• WHAT YOU ARE ASKED TO DO:
The data below holds a line containing "(omega (arith, k₁.more, k₂.more, k₃.more, k₄.more, k₅.more))" and a line containing "children ≡ some (some i)"; please quote exactly those two lines and every line between them, and nothing else.

• INPUT FOR THIS TASK:
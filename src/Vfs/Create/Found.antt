-- ===== src/Vfs/Create/Found.antt =====
-- `vfs_search_relative` finds what `vfs_create_node` makes, and the others as before.
use pastoral.Base.{
  ℕ, ◌≤◌, ◌<◌, ◌≡◌, refl, sym, ap, ◌∙◌, Option, none, some, List, [], ◌∷◌, ◌++◌, length, get_elem?,
  set, if◌then◌else◌, arith, Bool-cases, Option-cases, inl, inr, get_elem?-append_left,
  get_elem?-set_self, get_elem?-set_ne, length-set, length-append, le_of_get_elem?-none,
  lt_of_get_elem?, >>=-eq-some,
}
use native.Mathlib.Decide.{ℕ_discrete}
use pastoral.Fd.{Stat, s_ifdir}
use pastoral.Vfs.{Vfs, VfsNode, same_name, find_child, dot, dot_dot}
use pastoral.Vfs.Create.{add_child, add_dots, push_node, bare_node, vfs_default_asset, default_stat}

-- Everything of a node but its children and what is mounted on it.
pub record Alike (x y : VfsNode) : Type 0 where
  pub name : y.name ≡ x.name
  pub asset : y.asset ≡ x.asset
  pub parent : y.parent ≡ x.parent

Alike-refl : (x : VfsNode) → Alike x x
Alike-refl x = record { name = refl; asset = refl; parent = refl }

-- The first `n` nodes and all assets of `v` are in `v'`.
pub record Keeps (n : ℕ) (v v' : Vfs) : Type 0 where
  pub nodes : (i : ℕ) → i < n → get_elem? v'.nodes i ≡ get_elem? v.nodes i
  pub assets : (a : ℕ) {s : Stat} → get_elem? v.assets a ≡ some s → get_elem? v'.assets a ≡ some s
  pub root : v'.vfs_root ≡ v.vfs_root
  pub more : length v.nodes ≤ length v'.nodes
  pub alike :
      (i : ℕ) (x : VfsNode)
      → get_elem? v.nodes i ≡ some x
      → (y : VfsNode) × (get_elem? v'.nodes i ≡ some y) × Alike x y

pub Keeps-trans : (n : ℕ) (u v w : Vfs) → Keeps n u v → Keeps n v w → Keeps n u w
Keeps-trans n u v w a b = record {
  nodes = λ i h. b.nodes i h ∙ a.nodes i h;
  assets = λ i e. b.assets i (a.assets i e);
  root = b.root ∙ a.root;
  more = omega (arith, a.more, b.more);
  alike = λ i x e.
      let (y, f, s) = a.alike i x e in
      let (z, g, t) = b.alike i y f in
      (
        z,
        g,
        record { name = t.name ∙ s.name; asset = t.asset ∙ s.asset; parent = t.parent ∙ s.parent },
      );
}

pub Keeps-push_node :
    (n : ℕ) (x : VfsNode) (v : Vfs) → n ≤ length v.nodes → Keeps n v (push_node x v)
Keeps-push_node n x v h = record {
  nodes = λ i lt. get_elem?-append_left v.nodes (x ∷ []) i (omega arith);
  assets = λ a e. e;
  root = refl;
  more = omega (arith, length-append v.nodes (x ∷ []));
  alike = λ i y e.
      (y, get_elem?-append_left v.nodes (x ∷ []) i (lt_of_get_elem? v.nodes i e) ∙ e, Alike-refl y);
}

Keeps-vfs_default_asset :
    (n mode : ℕ) (v : Vfs) → n ≤ length v.nodes → Keeps n v (vfs_default_asset mode v).1
unfolding vfs_default_asset
Keeps-vfs_default_asset n mode v h = record {
  nodes = λ i lt. refl;
  assets = λ a e.
      get_elem?-append_left v.assets (default_stat mode ∷ []) a (lt_of_get_elem? v.assets a e) ∙ e;
  root = refl;
  more = omega arith;
  alike = λ i x e. (x, e, Alike-refl x);
}

pub add_child-Keeps :
    (n parent child : ℕ) (v : Vfs)
    → n ≤ parent
    → parent < length v.nodes
    → (v' : Vfs) × (add_child parent child v ≡ some v') × Keeps n v v'
unfolding add_child
add_child-Keeps n parent child v h lt = elim (Option-cases (get_elem? v.nodes parent)) [
  | inl e ↦ absurd (omega (arith, le_of_get_elem?-none v.nodes parent e))
  | inr (p, e) ↦ (
    record v { nodes = set v.nodes parent (record p { children = p.children ++ child ∷ [] }) },
    rw e refl,
    record {
      nodes = λ i below.
          get_elem?-set_ne v.nodes parent i (record p { children = p.children ++ child ∷ [] })
            (λ same. absurd (omega arith));
      assets = λ a s. s;
      root = refl;
      more =
          omega
            (arith, length-set v.nodes parent (record p { children = p.children ++ child ∷ [] }));
      alike = λ i x f. elim (ℕ_discrete parent i) [
        | yes same ↦ (
          record p { children = p.children ++ child ∷ [] },
          ap
                (λ (k : ℕ).
                  get_elem? (set v.nodes parent (record p { children = p.children ++ child ∷ [] }))
                    k)
                (sym same)
              ∙ get_elem?-set_self v.nodes parent (record p { children = p.children ++ child ∷ [] })
                  lt,
          (let both : some p ≡ some x = sym e ∙ ap (λ (k : ℕ). get_elem? v.nodes k) same ∙ f in
              let eq : p ≡ x = ground (arith, both) in
              record {
                name = ap (λ z. z.name) eq;
                asset = ap (λ z. z.asset) eq;
                parent = ap (λ z. z.parent) eq;
              }),
        )
        | no ne ↦ (
          x,
          get_elem?-set_ne v.nodes parent i (record p { children = p.children ++ child ∷ [] }) ne
              ∙ f,
          Alike-refl x,
        )
      ];
    },
  )
]

pub add_dots-Keeps :
    (filesystem : Option ℕ) (node : ℕ) (v : Vfs)
    → node < length v.nodes
    → (v' : Vfs) × (add_dots filesystem node v ≡ some v') × Keeps node v v'
unfolding add_dots
add_dots-Keeps filesystem node v lt =
    let a₁ : ℕ × Vfs = vfs_default_asset s_ifdir v in
    let k₁ : Keeps node v a₁.1 = Keeps-vfs_default_asset node s_ifdir v (omega arith) in
    let v₂ : Vfs = push_node (bare_node dot a₁.0 filesystem (some node)) a₁.1 in
    let k₂ : Keeps node a₁.1 v₂ =
      Keeps-push_node node (bare_node dot a₁.0 filesystem (some node)) a₁.1
        (omega (arith, k₁.more)) in
    let a₃ : ℕ × Vfs = vfs_default_asset s_ifdir v₂ in
    let k₃ : Keeps node v₂ a₃.1 =
      Keeps-vfs_default_asset node s_ifdir v₂ (omega (arith, k₁.more, k₂.more)) in
    let v₄ : Vfs = push_node (bare_node dot_dot a₃.0 filesystem (some node)) a₃.1 in
    let k₄ : Keeps node a₃.1 v₄ =
      Keeps-push_node node (bare_node dot_dot a₃.0 filesystem (some node)) a₃.1
        (omega (arith, k₁.more, k₂.more, k₃.more)) in
    let (v₅, e₅, k₅) =
      add_child-Keeps node node (length a₁.1.nodes) v₄ (omega arith)
        (omega (arith, k₁.more, k₂.more, k₃.more, k₄.more)) in
    let (v₆, e₆, k₆) =
      add_child-Keeps node node (length a₃.1.nodes) v₅ (omega arith)
        (omega (arith, k₁.more, k₂.more, k₃.more, k₄.more, k₅.more)) in
    (
      v₆,
      rw (e₅, e₆) refl,
      Keeps-trans node v a₁.1 v₆ k₁ (
          Keeps-trans node a₁.1 v₂ v₆ k₂ (
            Keeps-trans node v₂ a₃.1 v₆ k₃
              (Keeps-trans node a₃.1 v₄ v₆ k₄ (Keeps-trans node v₄ v₅ v₆ k₅ k₆)))),
    )

-- The search through a list of children that keep their names.
module _ (v v' : Vfs) (n : ℕ) (k : Keeps n v v') (m : List ℕ) where
  pub find_child-Keeps :
      (children : List ℕ) (r : Option ℕ)
      → find_child v m children ≡ some r
      → find_child v' m children ≡ some r
  unfolding find_child
  find_child-Keeps [] r e = e
  find_child-Keeps (i ∷ children) r e =
      let (x, at, rest) =
        >>=-eq-some (get_elem? v.nodes i)
          (λ y. if same_name y.name m then some (some i) else find_child v m children) e in
      let (y, at', s) = k.alike i x at in
      elim (Bool-cases (same_name x.name m)) [
        | inl hit ↦ rw (at', s.name, hit) (rw hit at rest)
        | inr miss ↦ rw (at', s.name, miss) (find_child-Keeps children r (rw miss at rest))
      ]

  -- With one more child `c` behind them.
  module _ (c : ℕ) (x : VfsNode) (at : get_elem? v'.nodes c ≡ some x) where
    pub find_child-found :
        (children : List ℕ) (i : ℕ)
        → find_child v m children ≡ some (some i)
        → find_child v' m (children ++ c ∷ []) ≡ some (some i)
    unfolding find_child
    find_child-found [] i e = absurd (ground arith)
    find_child-found (j ∷ children) i e =
        let (y, here, rest) =
          >>=-eq-some (get_elem? v.nodes j)
            (λ z. if same_name z.name m then some (some j) else find_child v m children) e in
        let (z, there, s) = k.alike j y here in
        elim (Bool-cases (same_name y.name m)) [
          | inl hit ↦ rw (there, s.name, hit) (rw hit at rest)
          | inr miss ↦ rw (there, s.name, miss) (find_child-found children i (rw miss at rest))
        ]

    pub find_child-last :
        (children : List ℕ)
        → find_child v m children ≡ some none
        → find_child v' m (children ++ c ∷ []) ≡ some (if same_name x.name m then some c else none)
    unfolding find_child
    find_child-last [] e = elim (Bool-cases (same_name x.name m)) [
      | inl hit ↦ rw (at, hit) refl
      | inr miss ↦ rw (at, miss) refl
    ]
    find_child-last (j ∷ children) e =
        let (y, here, rest) =
          >>=-eq-some (get_elem? v.nodes j)
            (λ z. if same_name z.name m then some (some j) else find_child v m children) e in
        let (z, there, s) = k.alike j y here in
        elim (Bool-cases (same_name y.name m)) [
          | inl hit ↦ absurd (ground (arith, rw hit at rest))
          | inr miss ↦ rw (there, s.name, miss) (find_child-last children (rw miss at rest))
        ]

• ANSWER:
        (omega (arith, k₁.more, k₂.more, k₃.more, k₄.more, k₅.more)) in
    (
      v₆,
      rw (e₅, e₆) refl,
      Keeps-trans node v a₁.1 v₆ k₁ (
          Keeps-trans node a₁.1 v₂ v₆ k₂ (
            Keeps-trans node v₂ a₃.1 v₆ k₃
              (Keeps-trans node a₃.1 v₄ v₆ k₄ (Keeps-trans node v₄ v₅ v₆ k₅ k₆)))),
    )

-- The search through a list of children that keep their names.
module _ (v v' : Vfs) (n : ℕ) (k : Keeps n v v') (m : List ℕ) where
  pub find_child-Keeps :
      (children : List ℕ) (r : Option ℕ)
      → find_child v m children ≡ some r
      → find_child v' m children ≡ some r
  unfolding find_child
  find_child-Keeps [] r e = e
  find_child-Keeps (i ∷ children) r e =
      let (x, at, rest) =
        >>=-eq-some (get_elem? v.nodes i)
          (λ y. if same_name y.name m then some (some i) else find_child v m children) e in
      let (y, at', s) = k.alike i x at in
      elim (Bool-cases (same_name x.name m)) [
        | inl hit ↦ rw (at', s.name, hit) (rw hit at rest)
        | inr miss ↦ rw (at', s.name, miss) (find_child-Keeps children r (rw miss at rest))
      ]

  -- With one more child `c` behind them.
  module _ (c : ℕ) (x : VfsNode) (at : get_elem? v'.nodes c ≡ some x) where
    pub find_child-found :
        (children : List ℕ) (i : ℕ)
        → find_child v m children ≡ some (some i)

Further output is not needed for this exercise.